Count the lines in the records that hold the string "back". Only the number should be given.

◆ Records shown ◆
============

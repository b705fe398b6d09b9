-- ===== src/Daemon/Attempt/Slots.antt =====
-- internal/builddaemon/tasks.go: the slots that an attempt takes and gives back.
use buildkit_service.Prelude.{
  ℕ, zero, suc, ◌+◌, ◌≡◌, refl, sym, ap, subst, ◌∙◌, Bool, true, false, Option, none, some, List,
  [], ◌∷◌, ◌++◌, Map, Text, text_eq, text_eq_iff, nat_eq, if◌then◌else◌, inl, inr, Option-cases,
  arith,
}
use buildkit_service.Daemon.Task.{Task}
use buildkit_service.Daemon.Lifecycle.{Server, assign_worker}
use buildkit_service.Daemon.Steps.{run}
use buildkit_service.Daemon.Attempt.Rounds.{next_round-done}
use buildkit_service.Daemon.Build.{BuildStep}
use buildkit_service.Daemon.Pool.{
  AddrSlot, AddrPool, Acquired, gets_slot, interrupted, no_addresses, acquire_addr_slot,
}
use buildkit_service.Daemon.Attempt.{
  Moment, BuildRunRequest, Event, acquires_global, releases_global, acquires, releases, builds,
  Round, request_for, after_build, on_slot, on_acquired, on_global, round, Outcome, done,
  attempt_from,
}

-- What a goroutine holds: no slot, a global slot, or that and the slot of a worker.
pub data Hold : Type 0 where
  nothing global : Hold
  worker : AddrSlot → Hold

-- The discipline of the slots: a global slot first, then one of a worker, builds on that worker
-- only, and the slots back in the reverse order. `none` is a breach.
abbrev pub obeys : Event → Hold → Option Hold
obeys acquires_global nothing = some global
obeys (acquires a) global = some (worker a)
obeys (builds req) (worker a) =
    if text_eq req.buildkit_addr a.addr.addr then some (worker a) else none
obeys (releases b) (worker a) = if nat_eq b.sem a.sem then some global else none
obeys releases_global global = some nothing
obeys _ _ = none

unfoldable pub obey_all : List Event → Option Hold → Option Hold
obey_all [] h = h
obey_all (e ∷ es) none = none
obey_all (e ∷ es) (some h) = obey_all es (obeys e h)

-- From no slot to no slot, without a breach.
abbrev pub IsBalanced : List Event → Type 0
IsBalanced es = obey_all es (some nothing) ≡ some nothing

obey_all-none : (es : List Event) → obey_all es none ≡ none
unfolding obey_all
obey_all-none [] = refl
obey_all-none (e ∷ es) = refl

obey_all-append :
    (es fs : List Event) (h : Option Hold) → obey_all (es ++ fs) h ≡ obey_all fs (obey_all es h)
unfolding obey_all
obey_all-append [] fs h = refl
obey_all-append (x ∷ es) fs none = sym (obey_all-none fs)
obey_all-append (x ∷ es) fs (some h) = obey_all-append es fs (obeys x h)

pub append-IsBalanced : (es fs : List Event) → IsBalanced es → IsBalanced fs → IsBalanced (es ++ fs)
append-IsBalanced es fs e f = obey_all-append es fs (some nothing) ∙ ap (obey_all fs) e ∙ f

after_build-IsBalanced :
    (t : Task) (m : Moment) (s : Server) (p : AddrPool) (x : List Text) (a : AddrSlot)
    (es : List Event) (b : Map Text Text × Option Text)
    → IsBalanced es
    → IsBalanced (after_build t m s p x a es b).events
unfolding after_build
after_build-IsBalanced t m s p x a es (ex, e) h = ground arith

served-IsBalanced :
    (a : AddrSlot) (req : BuildRunRequest)
    → req.buildkit_addr ≡ a.addr.addr
    → IsBalanced (acquires_global ∷ acquires a ∷ builds req ∷ releases a ∷ releases_global ∷ [])
unfolding obey_all
served-IsBalanced a req e = ground (arith, text_eq_iff req.buildkit_addr a.addr.addr)

refused-IsBalanced :
    (a : AddrSlot) → IsBalanced (acquires_global ∷ acquires a ∷ releases a ∷ releases_global ∷ [])
unfolding obey_all
refused-IsBalanced a = ground arith

request_for-addr :
    (t : Task) (step : BuildStep) (a : AddrSlot)
    → (request_for t step a).buildkit_addr ≡ a.addr.addr
unfolding request_for
request_for-addr t step a = refl

on_slot-IsBalanced :
    (t : Task) (step : BuildStep) (m : Moment) (p : AddrPool) (x : List Text) (a : AddrSlot)
    (r : Server × Bool)
    → IsBalanced (on_slot t step m p x a r).events
unfolding on_slot
on_slot-IsBalanced t step m p x a (s, true) =
    after_build-IsBalanced t m (run m.building s) p x a _ (m.built (request_for t step a))
      (served-IsBalanced a (request_for t step a) (request_for-addr t step a))
on_slot-IsBalanced t step m p x a (s, false) = refused-IsBalanced a

on_acquired-IsBalanced :
    (id : Text) (t : Task) (step : BuildStep) (m : Moment) (s : Server) (p : AddrPool)
    (x : List Text) (a : Acquired)
    → IsBalanced (on_acquired id t step m s p x a).events
unfolding on_acquired obey_all
on_acquired-IsBalanced id t step m s p x interrupted = refl
on_acquired-IsBalanced id t step m s p x no_addresses = refl
on_acquired-IsBalanced id t step m s p x (gets_slot a) =
    on_slot-IsBalanced t step m p x a (assign_worker id a.addr.addr a.addr.node_ip m.started s)

same_round : {r r' : Round} {x : Option Round} → x ≡ some r → x ≡ some r' → r ≡ r'
same_round p q = cc

on_global-IsBalanced :
    (id : Text) (t : Task) (step : BuildStep) (m : Moment) (s : Server) (p : AddrPool)
    (x : List Text) (g : Bool) (r : Round)
    → on_global id t step m s p x g ≡ some r
    → IsBalanced r.events
unfolding on_global obey_all
on_global-IsBalanced id t step m s p x false r h =
    subst (λ r. IsBalanced r.events) (same_round refl h) refl
on_global-IsBalanced id t step m s p x true r h =
    elim (Option-cases (acquire_addr_slot m.held m.waited t.schedule_key x p)) [
      | inl e ↦ cc
      | inr (a, e) ↦
          let same : on_acquired id t step m s p x a ≡ r = ground (arith, e, h) in
          subst (λ r. IsBalanced r.events) same (on_acquired-IsBalanced id t step m s p x a)
    ]

round-IsBalanced :
    (id : Text) (t : Task) (step : BuildStep) (m : Moment) (s : Server) (p : AddrPool)
    (x : List Text) (r : Round)
    → round id t step m s p x ≡ some r
    → IsBalanced r.events
unfolding round
round-IsBalanced id t step m s p x r h = on_global-IsBalanced id t step m _ p x m.global r h

pub attempt_from-IsBalanced :
    (id : Text) (t : Task) (step : BuildStep) (at : ℕ → Moment) (fuel i : ℕ) (s : Server)
    (p : AddrPool) (x : List Text) (o : Outcome)
    → attempt_from id t step at fuel i s p x ≡ done o
    → IsBalanced o.events
unfolding attempt_from
attempt_from-IsBalanced id t step at zero i s p x o h = cc
attempt_from-IsBalanced id t step at (suc fuel) i s p x o h =
    let (r, e, ends) = next_round-done (round id t step (at i) s p x) (i + 1) _ o h in
    let one = round-IsBalanced id t step (at i) s p x r e in
    elim ends [
      | inl last ↦ subst IsBalanced (sym last.same_events) one
      | inr more ↦ subst IsBalanced (sym more.same_events) (
          append-IsBalanced r.events more.rest.events one (
            attempt_from-IsBalanced id t step at fuel (i + 1) r.server r.pool r.excluded more.rest
              more.follows))
    ]
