-- ===== src/Daemon/Attempt/Steps.antt =====
-- internal/builddaemon/tasks.go: an attempt changes the table by critical sections only.
use buildkit_service.Prelude.{
  ℕ, zero, suc, ◌+◌, ◌≡◌, refl, sym, ap, subst, ◌∙◌, Bool, true, false, Option, some, List, [], ◌∷◌,
  ◌++◌, Map, Text, All, All-append, inl, inr, Bool-cases, Option-cases, arith,
}
use buildkit_service.Daemon.Task.{Task}
use buildkit_service.Daemon.Lifecycle.{Server, mark_task_queued, assign_worker}
use buildkit_service.Daemon.Steps.{Op, requeues, assigns, step, run, Fair, Spares}
use buildkit_service.Daemon.Build.{BuildStep}
use buildkit_service.Daemon.Pool.{
  AddrSlot, AddrPool, Acquired, gets_slot, interrupted, no_addresses, acquire_addr_slot,
}
use buildkit_service.Daemon.Attempt.{
  Moment, Event, Round, request_for, after_build, fails_over, on_slot, on_acquired, on_global,
  round, Outcome, done, attempt_from, run_build_step_attempt,
}
use buildkit_service.Daemon.Attempt.Rounds.{next_round-done}

-- A fair step, that adds no task under an id.
abbrev pub FairTo : Text → Op → Type 0
FairTo id o = Fair o × Spares id o

-- The second server comes from the first by such steps.
pub record Reaches (id : Text) (s s' : Server) : Type 0 where
  pub ops : List Op
  pub fair : All (FairTo id) ops
  pub reached : s' ≡ run ops s

run-append : (os ps : List Op) (s : Server) → run (os ++ ps) s ≡ run ps (run os s)
unfolding run
run-append [] ps s = refl
run-append (o ∷ os) ps s = run-append os ps (step o s)

pub Reaches-refl : {id : Text} (s : Server) → Reaches id s s
unfolding run
Reaches-refl s = record { ops = []; fair = tt; reached = refl }

pub Reaches-trans : {id : Text} (a b c : Server) → Reaches id a b → Reaches id b c → Reaches id a c
Reaches-trans {id} a b c p q = record {
  ops = p.ops ++ q.ops;
  fair = All-append (FairTo id) p.ops q.ops (p.fair, q.fair);
  reached = q.reached ∙ ap (run q.ops) p.reached ∙ sym (run-append p.ops q.ops a);
}

pub run-Reaches :
    {id : Text} (os : List Op) (s : Server) → All (FairTo id) os → Reaches id s (run os s)
run-Reaches os s f = record { ops = os; fair = f; reached = refl }

pub step-Reaches : {id : Text} (o : Op) (s : Server) → FairTo id o → Reaches id s (step o s)
unfolding run
step-Reaches o s f = record { ops = o ∷ []; fair = (f, tt); reached = refl }

-- The other goroutines take such steps only.
abbrev pub FairMoment : Text → Moment → Type 0
FairMoment id m = All (FairTo id) m.waiting × All (FairTo id) m.building

after_build-server :
    (t : Task) (m : Moment) (s : Server) (p : AddrPool) (x : List Text) (a : AddrSlot)
    (es : List Event) (b : Map Text Text × Option Text)
    → (after_build t m s p x a es b).server ≡ s
unfolding after_build
after_build-server t m s p x a es (ex, e) = elim (Bool-cases (fails_over t m s a e)) [
  | inl c ↦ rw c refl
  | inr c ↦ rw c refl
]

on_slot-Reaches :
    (id : Text) (t : Task) (st : BuildStep) (m : Moment) (p : AddrPool) (x : List Text)
    (a : AddrSlot) (r : Server × Bool)
    → FairMoment id m
    → Reaches id r.0 (on_slot t st m p x a r).server
unfolding on_slot
on_slot-Reaches id t st m p x a (s, true) f =
    subst (Reaches id s)
      (sym (after_build-server t m (run m.building s) p x a _ (m.built (request_for t st a))))
      (run-Reaches m.building s f.1)
on_slot-Reaches id t st m p x a (s, false) f = Reaches-refl s

on_acquired-Reaches :
    (id : Text) (t : Task) (st : BuildStep) (m : Moment) (s : Server) (p : AddrPool) (x : List Text)
    (a : Acquired)
    → FairMoment id m
    → Reaches id s (on_acquired id t st m s p x a).server
unfolding on_acquired step
on_acquired-Reaches id t st m s p x interrupted f = Reaches-refl s
on_acquired-Reaches id t st m s p x no_addresses f = Reaches-refl s
on_acquired-Reaches id t st m s p x (gets_slot a) f =
    let r = assign_worker id a.addr.addr a.addr.node_ip m.started s in
    Reaches-trans s r.0 (on_slot t st m p x a r).server
      (step-Reaches (assigns id a.addr.addr a.addr.node_ip m.started) s (tt, tt))
      (on_slot-Reaches id t st m p x a r f)

on_global-Reaches :
    (id : Text) (t : Task) (st : BuildStep) (m : Moment) (s : Server) (p : AddrPool) (x : List Text)
    (g : Bool) (r : Round)
    → FairMoment id m
    → on_global id t st m s p x g ≡ some r
    → Reaches id s r.server
unfolding on_global
on_global-Reaches id t st m s p x false r f e = subst (Reaches id s) (server_eq e) (Reaches-refl s)
  where
    server_eq : {u v : Round} → some u ≡ some v → u.server ≡ v.server
    server_eq q = cc
on_global-Reaches id t st m s p x true r f e =
    elim (Option-cases (acquire_addr_slot m.held m.waited t.schedule_key x p)) [
      | inl n ↦ cc
      | inr (a, n) ↦
          let same : on_acquired id t st m s p x a ≡ r = ground (arith, e, n) in
          subst (λ r. Reaches id s r.server) same (on_acquired-Reaches id t st m s p x a f)
    ]

round-Reaches :
    (id : Text) (t : Task) (st : BuildStep) (m : Moment) (s : Server) (p : AddrPool) (x : List Text)
    (r : Round)
    → FairMoment id m
    → round id t st m s p x ≡ some r
    → Reaches id s r.server
unfolding round step
round-Reaches id t st m s p x r f e =
    let marked : Server = mark_task_queued id m.requeued_at s in
    Reaches-trans s marked r.server (step-Reaches (requeues id m.requeued_at) s (tt, tt)) (
      Reaches-trans marked (run m.waiting marked) r.server (run-Reaches m.waiting marked f.0)
        (on_global-Reaches id t st m (run m.waiting marked) p x m.global r f e))

attempt_from-Reaches :
    (id : Text) (t : Task) (st : BuildStep) (at : ℕ → Moment) (fuel i : ℕ) (s : Server)
    (p : AddrPool) (x : List Text) (o : Outcome)
    → ((j : ℕ) → FairMoment id (at j))
    → attempt_from id t st at fuel i s p x ≡ done o
    → Reaches id s o.server
unfolding attempt_from
attempt_from-Reaches id t st at zero i s p x o f h = cc
attempt_from-Reaches id t st at (suc fuel) i s p x o f h =
    let (r, e, ends) = next_round-done (round id t st (at i) s p x) (i + 1) _ o h in
    let one = round-Reaches id t st (at i) s p x r (f i) e in
    elim ends [
      | inl last ↦ subst (Reaches id s) (sym last.same_server) one
      | inr more ↦ subst (Reaches id s) (sym more.same_server) (
          Reaches-trans s r.server more.rest.server one (
            attempt_from-Reaches id t st at fuel (i + 1) r.server r.pool r.excluded more.rest f
              more.follows))
    ]

pub run_build_step_attempt-Reaches :
    (id : Text) (t : Task) (st : BuildStep) (at : ℕ → Moment) (fuel i : ℕ) (s : Server)
    (p : AddrPool) (o : Outcome)
    → ((j : ℕ) → FairMoment id (at j))
    → run_build_step_attempt id t st at fuel i s p ≡ done o
    → Reaches id s o.server
unfolding run_build_step_attempt
run_build_step_attempt-Reaches id t st at fuel i s p o f h =
    attempt_from-Reaches id t st at fuel i s p [] o f h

============

◆ Solution to this exercise ◆
2